A team of World Health Organization researchers emerged from their hotel on Thursday for the first time since arriving in the central Chinese city of Wuhan to search for clues to the origin of the COVID-19 pandemic.

The visit is shrouded in secrecy: details of their itinerary have not been released, and it is unknown how much access China will give researchers to the sites they want to visit and the people they want to talk to.

WHY IS THE TEAM IN CHINA?

Scientists hope that information on the earliest known cases of the novel coronavirus – which was first identified in Wuhan – will help them better understand where it came from and prevent similar pandemics in the future.

Researchers around the world are eager to access samples taken from the Huanan Seafood Market, which had an early outbreak, and Wuhan’s hospital records.

The team can visit the market itself, as well as the locations of other early cases.

It could also go to a Wuhan Institute of Virology lab built after the 2003 SARS pandemic that maintains an extensive archive of bat coronavirus genetic sequences.
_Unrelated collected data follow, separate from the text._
-- ===== src/Attestation/Concurrent/Once.antt =====
-- However the requests are interleaved, a challenge lets one of them through.
pub mod Weights
pub mod Calls
pub mod Moves
use encryption_gateway.Prelude.{total_le, total, ◌≤◌, Text, List, All, arith}
use encryption_gateway.Runtime.{Runtime}
use encryption_gateway.Kv.{KvStore, KvLaws}
use encryption_gateway.Attestation.Crypto.{Crypto}
use encryption_gateway.Attestation.Challenges
use encryption_gateway.Attestation.Devices
use encryption_gateway.Attestation.Chain.{AttestationPolicy}
use encryption_gateway.Attestation.Concurrent.{Handler, System, Reach}
use encryption_gateway.Attestation.Concurrent.AtMostOne.{Reach-total}
use encryption_gateway.Attestation.Concurrent.Once.Weights.{
  succeeded, holds, IsRequest, IsQuiet, succeeded_light, requests_light,
}
use encryption_gateway.Attestation.Concurrent.Once.Calls.{IsGone}
use encryption_gateway.Attestation.Concurrent.Once.Moves.{resume-IsMove}

module _ (R : Runtime) (C : Crypto) (kv : KvStore) (lower : Text → Text) (P : AttestationPolicy)
    (id : Text) where
  -- However requests of the attestation routes and of guarded routes, none of which has begun, are
  -- interleaved over a store that keeps the laws of its port, with calls of the store that fail or
  -- not, at most one of them gets through by a challenge, so long as none of them issues it again.
  pub succeeded_once :
      (laws : KvLaws kv) (pool : List (Handler R C kv lower P)) (s : kv.State)
      (sys : System R C kv lower P)
      → All (IsRequest R C kv lower P id) pool
      → Reach R C kv lower P (record { pool = pool; store = s }) sys
      → total (succeeded R C kv lower P id) sys.pool ≤ 1
  succeeded_once laws pool s sys requests r =
      let (nothing, quiet) = requests_light R C kv lower P id pool requests in
      let few =
        Reach-total R C kv lower P (holds R C kv lower P id) (IsQuiet R C kv lower P id)
          (IsGone R C kv lower P id laws) (resume-IsMove R C kv lower P id laws) pool s sys nothing
          quiet r in
      omega (
        arith,
        few,
        total_le (succeeded R C kv lower P id) (holds R C kv lower P id)
            (succeeded_light R C kv lower P id) sys.pool,
      )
US officials in the previous Trump administration suggested without providing evidence that the virus could have escaped from the institute.
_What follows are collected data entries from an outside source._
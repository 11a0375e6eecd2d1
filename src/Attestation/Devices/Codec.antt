-- ===== src/Attestation/Devices/Codec.antt =====
-- DeviceRegistry: a device that was stored is read back.
use encryption_gateway.Prelude.{[], some, ◌≡◌, ◌≢◌, arith, text_eq}
use encryption_gateway.Runtime.{Runtime, str, member}
use encryption_gateway.Attestation.Crypto.{Crypto}
use encryption_gateway.Attestation.Devices.{EnrolledDevice, encode, read_device}

module _ (R : Runtime) (C : Crypto) where
  open R use {parse, stringify, to_base64, from_base64, date_of, iso}
  open C use {export_spki, create_public_key}

  -- JSON, Base64, key and date conversion give back what was written, at this device.
  pub record IsReadable (device : EnrolledDevice R C) : Type 0 where
    pub json : parse (stringify (encode R C device)) ≡ some (encode R C device)
    pub some_text : stringify (encode R C device) ≢ []
    pub base64 :
        from_base64 (to_base64 (export_spki device.public_key)) ≡ export_spki device.public_key
    pub spki : create_public_key (export_spki device.public_key) ≡ some device.public_key
    pub date : date_of (some (str (iso device.enrolled_at))) ≡ device.enrolled_at

  -- The registry reads back the device that was stored, with its key, level and date.
  pub read_device-encode :
      (device : EnrolledDevice R C)
      → IsReadable device
      → read_device R C (some (stringify (encode R C device))) ≡ some device
  unfolding read_device member text_eq
  read_device-encode device r = ground arith
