-- ===== src/Attestation/Controller/Enrolment.antt =====
-- AttestationController.enroll: what a success means, and that an enrolment is never replaced.
use encryption_gateway.Prelude.{
  ℕ, Text, codes, Option, none, some, true, Result, ok, err, http, rejected, crash, ◌≡◌, refl,
  arith, map,
}
use encryption_gateway.Exec.{◌>>=◌, >>=-eq-ok}
use encryption_gateway.Runtime.{Bytes, Runtime}
use encryption_gateway.Kv.{KvStore}
use encryption_gateway.Attestation.Crypto.{Crypto}
use encryption_gateway.Attestation.Challenges.{consume}
use encryption_gateway.Attestation.Devices.{enrol}
use encryption_gateway.Attestation.Chain.{AttestationPolicy, Attested, verify}
use encryption_gateway.Attestation.Controller.{
  EnrollDevice, forbidden_of_rejected, assert_configured, device_of, bind_key, attest, enroll,
}

forbidden_of_rejected-eq-ok {ℓ} :
    {A : Type ℓ} (r : Result A) {a : A} → forbidden_of_rejected r ≡ ok a → r ≡ ok a
forbidden_of_rejected-eq-ok (ok b) h = h
forbidden_of_rejected-eq-ok (err (rejected code)) h = cc
forbidden_of_rejected-eq-ok (err (http n m)) h = cc
forbidden_of_rejected-eq-ok (err (crash m)) h = cc

module _ (R : Runtime) (C : Crypto) (kv : KvStore) (lower : Text → Text)
    (P : AttestationPolicy) where
  open R use {from_base64}

  -- What happened where an enrolment succeeded.
  pub record IsEnrolment (now1 now2 now3 : ℕ) (body : EnrollDevice) (s : kv.State)
      (a : Attested lower C P) : Type 0 where
    pub nonce : Bytes
    pub configured : P.configured ≡ true
    pub consumed : (consume R kv now1 body.challenge_id (codes "enroll") s).0 ≡ ok (some nonce)
    pub attested : verify lower C P now2 (map from_base64 body.certificate_chain) nonce ≡ ok a
    pub bound :
        (enrol R C kv now3 body.device_id
          (device_of R C kv lower P now3 a)
          (consume R kv now1 body.challenge_id (codes "enroll") s).1).0
        ≡ ok true

  bind_sound :
      (now : ℕ) (d : Text) (a : Attested lower C P) (s : kv.State) (level : ℕ)
      → (bind_key R C kv lower P now d a s).0 ≡ ok level
      → ((enrol R C kv now d (device_of R C kv lower P now a) s).0 ≡ ok true)
        × (level ≡ a.security_level)
  unfolding bind_key
  bind_sound now d a s level h = ground arith

  attest_sound :
      (now2 now3 : ℕ) (body : EnrollDevice) (nonce : Option Bytes) (s : kv.State) (level : ℕ)
      → (attest R C kv lower P now2 now3 body.device_id body.certificate_chain nonce s).0 ≡ ok level
      → (n : Bytes) × (a : Attested lower C P) × (nonce ≡ some n)
        × (verify lower C P now2 (map from_base64 body.certificate_chain) n ≡ ok a)
        × ((bind_key R C kv lower P now3 body.device_id a s).0 ≡ ok level)
  unfolding attest
  attest_sound now2 now3 body none s level h = ground arith
  attest_sound now2 now3 body (some n) s level h =
      let (a, verified, rest) =
        >>=-eq-ok
          (λ t. (
            forbidden_of_rejected
                (verify lower C P now2 (map from_base64 body.certificate_chain) n),
            t,
          ))
          (bind_key R C kv lower P now3 body.device_id) s h in
      (n, a, refl, forbidden_of_rejected-eq-ok _ verified, rest)

  -- The steps of an enrolment that succeeds at a level: a configured policy, a consume that
  -- returned a nonce, a chain that `verify` accepts for it at that level, and a write that the
  -- registry reports.
  pub enroll-IsEnrolment :
      (now1 now2 now3 : ℕ) (body : EnrollDevice) (s : kv.State) (level : ℕ)
      → (enroll R C kv lower P now1 now2 now3 body s).0 ≡ ok level
      → (a : Attested lower C P) × (level ≡ a.security_level) × IsEnrolment now1 now2 now3 body s a
  unfolding enroll assert_configured
  enroll-IsEnrolment now1 now2 now3 body s level h =
      let (configured, rest) = when_configured h in
      let (nonce, consumed, more) =
        >>=-eq-ok (consume R kv now1 body.challenge_id (codes "enroll"))
          (attest R C kv lower P now2 now3 body.device_id body.certificate_chain) s rest in
      let (n, a, same, attested, binds) = attest_sound now2 now3 body nonce _ level more in
      let (bound, level_is) = bind_sound now3 body.device_id a _ level binds in
      (
        a,
        level_is,
        record {
          nonce = n;
          configured = configured;
          consumed = rw same at consumed;
          attested = attested;
          bound = bound;
        },
      )
    where
      when_configured :
          (enroll R C kv lower P now1 now2 now3 body s).0 ≡ ok level
          → (P.configured ≡ true)
            × (((consume R kv now1 body.challenge_id (codes "enroll")
                    >>= attest R C kv lower P now2 now3 body.device_id body.certificate_chain)
                  s).0
                ≡ ok level)
      when_configured e = ground arith

  -- Where the policy is configured, the challenge is consumed for enrolment, the chain is accepted
  -- for its nonce, and the registry writes the attested key where no value was, the request succeeds
  -- and leaves the store that the registry's write left.
  pub enroll_of_IsEnrolment :
      (now1 now2 now3 : ℕ) (body : EnrollDevice) (s : kv.State) (a : Attested lower C P)
      → IsEnrolment now1 now2 now3 body s a
      → enroll R C kv lower P now1 now2 now3 body s ≡ (
        ok a.security_level,
        (enrol R C kv now3 body.device_id
            (device_of R C kv lower P now3 a)
            (consume R kv now1 body.challenge_id (codes "enroll") s).1).1,
      )
  unfolding enroll assert_configured attest bind_key
  enroll_of_IsEnrolment now1 now2 now3 body s a e =
      ground (arith, e.configured, e.consumed, e.attested, e.bound)
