-- ===== src/Attestation/Controller/Binding.antt =====
-- AttestationController.enroll over the store in memory: a device keeps the key that it enrolled
-- with, and a key that enrols is the one that is found later.
use encryption_gateway.Prelude.{
  ℕ, ◌≤◌, Text, codes, Option, none, some, Result, ok, err, ◌≡◌, ◌≢◌, arith, map, sym, ◌∙◌, List,
  http,
}
use encryption_gateway.Exec.{Exec, ◌>>=◌, continue}
use encryption_gateway.Runtime.{Bytes, Runtime}
use encryption_gateway.Kv.Memory.{MemoryKvStore, view, set_if_absent}
use encryption_gateway.Kv.Memory.Views.{
  get-eq-view, get_delete_once, set_if_absent_taken, set_if_absent_free, set_if_absent_iff,
}
use encryption_gateway.Kv.Memory.AsPort.{memory_port}
use encryption_gateway.Attestation.Crypto.{Crypto}
use encryption_gateway.Attestation.Challenges
use encryption_gateway.Attestation.Challenges.{consume}
use encryption_gateway.Attestation.Challenges.SingleUse.{keys_apart}
use encryption_gateway.Attestation.Devices
use encryption_gateway.Attestation.Devices.{EnrolledDevice, enrol, encode}
use encryption_gateway.Attestation.Devices.Codec.{IsReadable, read_device-encode}
use encryption_gateway.Attestation.Chain.{AttestationPolicy, Attested, verify}
use encryption_gateway.Attestation.Controller.{
  EnrollDevice, forbidden_of_rejected, assert_configured, device_of, bind_key, attest, enroll,
}
use encryption_gateway.Attestation.Controller.Enrolment.{IsEnrolment, enroll_of_IsEnrolment}

module _ (R : Runtime) (C : Crypto) (lower : Text → Text) (P : AttestationPolicy) where
  open R use {parse, stringify, to_base64, from_base64, date_of, iso}
  open C use {export_spki, create_public_key}

  -- A consume leaves the values of devices as they are.
  pub view-consume :
      (now t : ℕ) (id expected d : Text) (s : MemoryKvStore)
      → now ≤ t
      → view t (consume R memory_port now id expected s).1 (Devices.key d)
        ≡ view t s (Devices.key d)
  unfolding consume
  view-consume now t id expected d s h =
      (get_delete_once now (Challenges.key id) s).2 t (Devices.key d) (λ e. keys_apart id d (sym e))
        h

  module _ (now3 : ℕ) (d : Text) (raw : Text) (s : MemoryKvStore)
      (taken : (t : ℕ) → now3 ≤ t → view t s (Devices.key d) ≡ some raw) where
    bind_taken :
        (a : Attested lower C P) (t : ℕ)
        → now3 ≤ t
        → ((bind_key R C memory_port lower P now3 d a s).0
            ≡ err (http 409 "DEVICE_ALREADY_ENROLLED"))
          × (view t (bind_key R C memory_port lower P now3 d a s).1 (Devices.key d) ≡ some raw)
    unfolding bind_key enrol
    bind_taken a t h =
        let (refused, kept) =
          set_if_absent_taken now3 (Devices.key d)
            (stringify (encode R C (device_of R C memory_port lower P now3 a))) none s raw
            (taken now3 (omega arith)) in
        ground (arith, refused, kept t (Devices.key d) h, taken t h)

    attest_taken :
        (now2 t level : ℕ) (certificates : List Text) (nonce : Option Bytes)
        → now3 ≤ t
        → ((attest R C memory_port lower P now2 now3 d certificates nonce s).0 ≢ ok level)
          × (view t
                (attest R C memory_port lower P now2 now3 d certificates nonce s).1
                (Devices.key d)
              ≡ some raw)
    unfolding attest
    attest_taken now2 t level certificates none h = ground (arith, taken t h)
    attest_taken now2 t level certificates (some n) h =
        on_verdict (forbidden_of_rejected (verify lower C P now2 (map from_base64 certificates) n))
      where
        on_verdict :
            (r : Result (Attested lower C P))
            → ((((λ x. (r, x)) >>= bind_key R C memory_port lower P now3 d) s).0 ≢ ok level)
              × (view t
                    (((λ x. (r, x)) >>= bind_key R C memory_port lower P now3 d) s).1
                    (Devices.key d)
                  ≡ some raw)
        on_verdict (err e) = ground (arith, taken t h)
        on_verdict (ok a) = ground (arith, bind_taken a t h)

  module _ (now1 now2 now3 : ℕ) (body : EnrollDevice) (s : MemoryKvStore) (raw : Text)
      (order : now1 ≤ now3)
      (enrolled : (t : ℕ) → view t s (Devices.key body.device_id) ≡ some raw) where
    abbrev consumed : MemoryKvStore
    consumed = (consume R memory_port now1 body.challenge_id (codes "enroll") s).1

    consumed_taken : (t : ℕ) → now3 ≤ t → view t consumed (Devices.key body.device_id) ≡ some raw
    consumed_taken t h =
        view-consume now1 t body.challenge_id (codes "enroll") body.device_id s (omega arith)
        ∙ enrolled t

    abbrev attest_it : Option Bytes → Exec MemoryKvStore ℕ
    attest_it = attest R C memory_port lower P now2 now3 body.device_id body.certificate_chain

    continue_taken :
        (level t : ℕ) (r : Result (Option Bytes))
        → now3 ≤ t
        → ((continue r attest_it consumed).0 ≢ ok level)
          × (view t (continue r attest_it consumed).1 (Devices.key body.device_id) ≡ some raw)
    continue_taken level t (err e) h = ground (arith, consumed_taken t h)
    continue_taken level t (ok nonce) h =
        attest_taken now3 body.device_id raw consumed consumed_taken now2 t level
          body.certificate_chain nonce h

  -- While a device is enrolled, no request enrols it again: the request fails, whatever its
  -- challenge and its chain are, and the stored enrolment stays as it is.
  pub enroll-keeps :
      (now1 now2 now3 : ℕ) (body : EnrollDevice) (s : MemoryKvStore) (raw : Text) (level t : ℕ)
      → now1 ≤ now3
      → ((t : ℕ) → view t s (Devices.key body.device_id) ≡ some raw)
      → now3 ≤ t
      → ((enroll R C memory_port lower P now1 now2 now3 body s).0 ≢ ok level)
        × (view t
              (enroll R C memory_port lower P now1 now2 now3 body s).1
              (Devices.key body.device_id)
            ≡ some raw)
  unfolding enroll assert_configured
  enroll-keeps now1 now2 now3 body s raw level t h enrolled le =
      let found = (consume R memory_port now1 body.challenge_id (codes "enroll") s).0 in
      ground
        (arith, enrolled t, continue_taken now1 now2 now3 body s raw h enrolled level t found le)

  get-enrol :
      (now t : ℕ) (d : Text) (device : EnrolledDevice R C) (s : MemoryKvStore)
      → IsReadable R C device
      → view now s (Devices.key d) ≡ none
      → (Devices.get R C memory_port t d (enrol R C memory_port now d device s).1).0
        ≡ ok (some device)
  unfolding Devices.get enrol
  get-enrol now t d device s readable free =
      let raw = stringify (encode R C device) in
      let stored = (set_if_absent now (Devices.key d) raw none s).1 in
      ground (
        arith,
        (get-eq-view t (Devices.key d) stored).0,
        (set_if_absent_free now (Devices.key d) raw none s free).1 t,
        read_device-encode R C device readable,
      )

  pub bound_free :
      (now1 now2 now3 : ℕ) (body : EnrollDevice) (s : MemoryKvStore) (a : Attested lower C P)
      → IsEnrolment R C memory_port lower P now1 now2 now3 body s a
      → view now3
          (consume R memory_port now1 body.challenge_id (codes "enroll") s).1
          (Devices.key body.device_id)
        ≡ none
  unfolding enrol
  bound_free now1 now2 now3 body s a e =
      (set_if_absent_iff now3 (Devices.key body.device_id)
          (stringify (encode R C (device_of R C memory_port lower P now3 a))) none
          (consume R memory_port now1 body.challenge_id (codes "enroll") s).1).0
        (ground (arith, e.bound))

  -- In MemoryKvStore, where the key is bound no earlier than the challenge is consumed and JSON,
  -- Base64, the key's SPKI form and the date give back what was written: an enrolment that goes
  -- through its steps found nothing under the device's id that had not expired, and in the store
  -- that it leaves, with no call in between, the registry finds the attested key at any time, with
  -- the level and the date of the enrolment.
  pub enroll-get :
      (now1 now2 now3 : ℕ) (body : EnrollDevice) (s : MemoryKvStore) (a : Attested lower C P)
      → IsReadable R C (device_of R C memory_port lower P now3 a)
      → now1 ≤ now3
      → IsEnrolment R C memory_port lower P now1 now2 now3 body s a
      → (view now3 s (Devices.key body.device_id) ≡ none)
        × ((t : ℕ)
            → (Devices.get R C memory_port t body.device_id
                (enroll R C memory_port lower P now1 now2 now3 body s).1).0
              ≡ ok (some (device_of R C memory_port lower P now3 a)))
  enroll-get now1 now2 now3 body s a readable order e =
      let free = bound_free now1 now2 now3 body s a e in
      (
        sym (view-consume now1 now3 body.challenge_id (codes "enroll") body.device_id s order)
            ∙ free,
        λ t. rw (enroll_of_IsEnrolment R C memory_port lower P now1 now2 now3 body s a e) (
            get-enrol now3 t body.device_id (device_of R C memory_port lower P now3 a) _ readable
              free),
      )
Experts say it is unlikely that the novel coronavirus emerged from the laboratory in Wuhan and that analysis of the novel coronavirus’s genome rules out the possibility. that it was designed by humans.

The researchers could also visit the hospitals overwhelmed at the height of the pandemic in China and the local branch of the Chinese Center for Disease Control and Prevention.

The fish market and other places where early cases emerged remain important as the virus is constantly changing, as evidenced by the new species found in the UK.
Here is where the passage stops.